■ DESCRIPTION OF THE TASK ■
Your task is to restate word for word the lines of the listing below that start at the one containing "owned = ground (arith);" and run to the end; please add nothing.

■ RECORD EXCERPTS ■
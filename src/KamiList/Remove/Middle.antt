-- ===== src/KamiList/Remove/Middle.antt =====
-- util/list.c: KamiListDel between two elements.
use easymesh.Prelude.Int.{pos}
use easymesh.Prelude.Run.{Ptr, Returns, returns, null}
use easymesh.Prelude.{ℕ, List, length, arith, ◌≢◌, ◌≡◌, ◌<◌, ◌+◌, false, ◌-◌, ◌==◌, refl}
use easymesh.KamiList.{
  store, Store, del, detach, set_head, set_tail, set_size, set_next, set_list, set_prev, load,
  load_header, store_header,
}
use easymesh.KamiList.Sequence.{item}
use easymesh.KamiList.Shape.{IsList}
use easymesh.KamiList.Remove.{
  Deleted, deleted, no_list, no_item, some, own, several, same, differs, names, far,
}

module _ {h : Store} {l : Ptr} {xs : List Ptr} (v : IsList h l xs) (place : l ≢ null) (k : ℕ)
    (within : k < length xs) where
  pub del_middle :
      0 < k
      → k + 1 < length xs
      → Returns (λ r g. (r ≡ pos 0) × Deleted h l xs k g) (del l (item xs k) h)
  unfolding del detach set_head set_tail set_next set_prev set_size set_list load store load_header
      store_header
  del_middle first last =
      let a = (v.nodes k within).alive in
      let begin = v.head in
      let end : (h.header l).tail ≡ item xs (length xs - 1) = ground (arith, v.tail) in
      let ahead : (h.node (item xs k)).prev ≡ item xs (k - 1) =
        ground (arith, (v.nodes k within).prev) in
      let follow = (v.nodes k within).next in
      let previous = v.nodes (k - 1) (omega arith) in
      let second = v.nodes (k + 1) (omega arith) in
      let p = previous.alive in
      let n = second.alive in
      let real : (item xs (k - 1) == null) ≡ false = ground (arith, previous.real) in
      let real2 : (item xs (k + 1) == null) ≡ false = ground (arith, second.real) in
      let r1 = far v place k within (k + 1) (k - 1) last (omega arith) (omega arith) in
      let r2 = far v place k within k (k - 1) within (omega arith) (omega arith) in
      let r3 = far v place k within k (k + 1) within last (omega arith) in
      rw
        (
          (no_list v place k within),
          (no_item v place k within),
          (some v place k within),
          a,
          (own v place k within),
          several v place k within (omega arith),
          begin,
          differs v place k within 0 (omega arith) (omega arith),
          end,
          differs v place k within (length xs - 1) (omega arith) (omega arith),
          a,
          ahead,
          real,
          follow,
          real2,
          p,
          p,
          n,
          n,
          a,
          a,
          a,
          a,
          a,
          a,
        )
        (returns (
          refl,
          deleted v place k within _ (record {
            size = ground (arith, v.size);
            head = ground (arith, v.head);
            tail = ground (arith, v.tail);
            owned = ground (arith);
            nexts = λ i b ne.
                let field = (v.nodes i b).next in
                simp
                  (
                    far v place k within i k b within ne,
                    (same v place k within),
                    r1,
                    r2,
                    r3,
                    names v place k within i (k - 1) b (omega arith),
                    names v place k within i (k + 1) b (omega arith),
                  )
                  (ground (arith, field));
            prevs = λ i b ne.
                let field = (v.nodes i b).prev in
                simp
                  (
                    far v place k within i k b within ne,
                    (same v place k within),
                    r1,
                    r2,
                    r3,
                    names v place k within i (k - 1) b (omega arith),
                    names v place k within i (k + 1) b (omega arith),
                  )
                  (ground (arith, field));
            lists = λ i b ne.
                let field = (v.nodes i b).owned in
                simp
                  (
                    far v place k within i k b within ne,
                    (same v place k within),
                    r1,
                    r2,
                    r3,
                    names v place k within i (k - 1) b (omega arith),
                    names v place k within i (k + 1) b (omega arith),
                  )
                  (ground (arith, field));
            live = refl;
            headers = λ m ne. ground arith;
            payloads = λ q. ground arith;
            others = λ q f. ground (arith, f k, f (k - 1), f (k + 1));
          }),
        ))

■ ANSWER SECTION ■
            owned = ground (arith);
            nexts = λ i b ne.
                let field = (v.nodes i b).next in
                simp
                  (
                    far v place k within i k b within ne,
                    (same v place k within),
                    r1,
                    r2,
                    r3,
                    names v place k within i (k - 1) b (omega arith),
                    names v place k within i (k + 1) b (omega arith),
                  )
                  (ground (arith, field));
            prevs = λ i b ne.
                let field = (v.nodes i b).prev in
                simp
                  (
                    far v place k within i k b within ne,
                    (same v place k within),
                    r1,
                    r2,
                    r3,
                    names v place k within i (k - 1) b (omega arith),
                    names v place k within i (k + 1) b (omega arith),
                  )
                  (ground (arith, field));
            lists = λ i b ne.
                let field = (v.nodes i b).owned in
                simp
                  (
                    far v place k within i k b within ne,
                    (same v place k within),
                    r1,
                    r2,
                    r3,
                    names v place k within i (k - 1) b (omega arith),
                    names v place k within i (k + 1) b (omega arith),
                  )
                  (ground (arith, field));
            live = refl;
            headers = λ m ne. ground arith;
            payloads = λ q. ground arith;
            others = λ q f. ground (arith, f k, f (k - 1), f (k + 1));
          }),
        ))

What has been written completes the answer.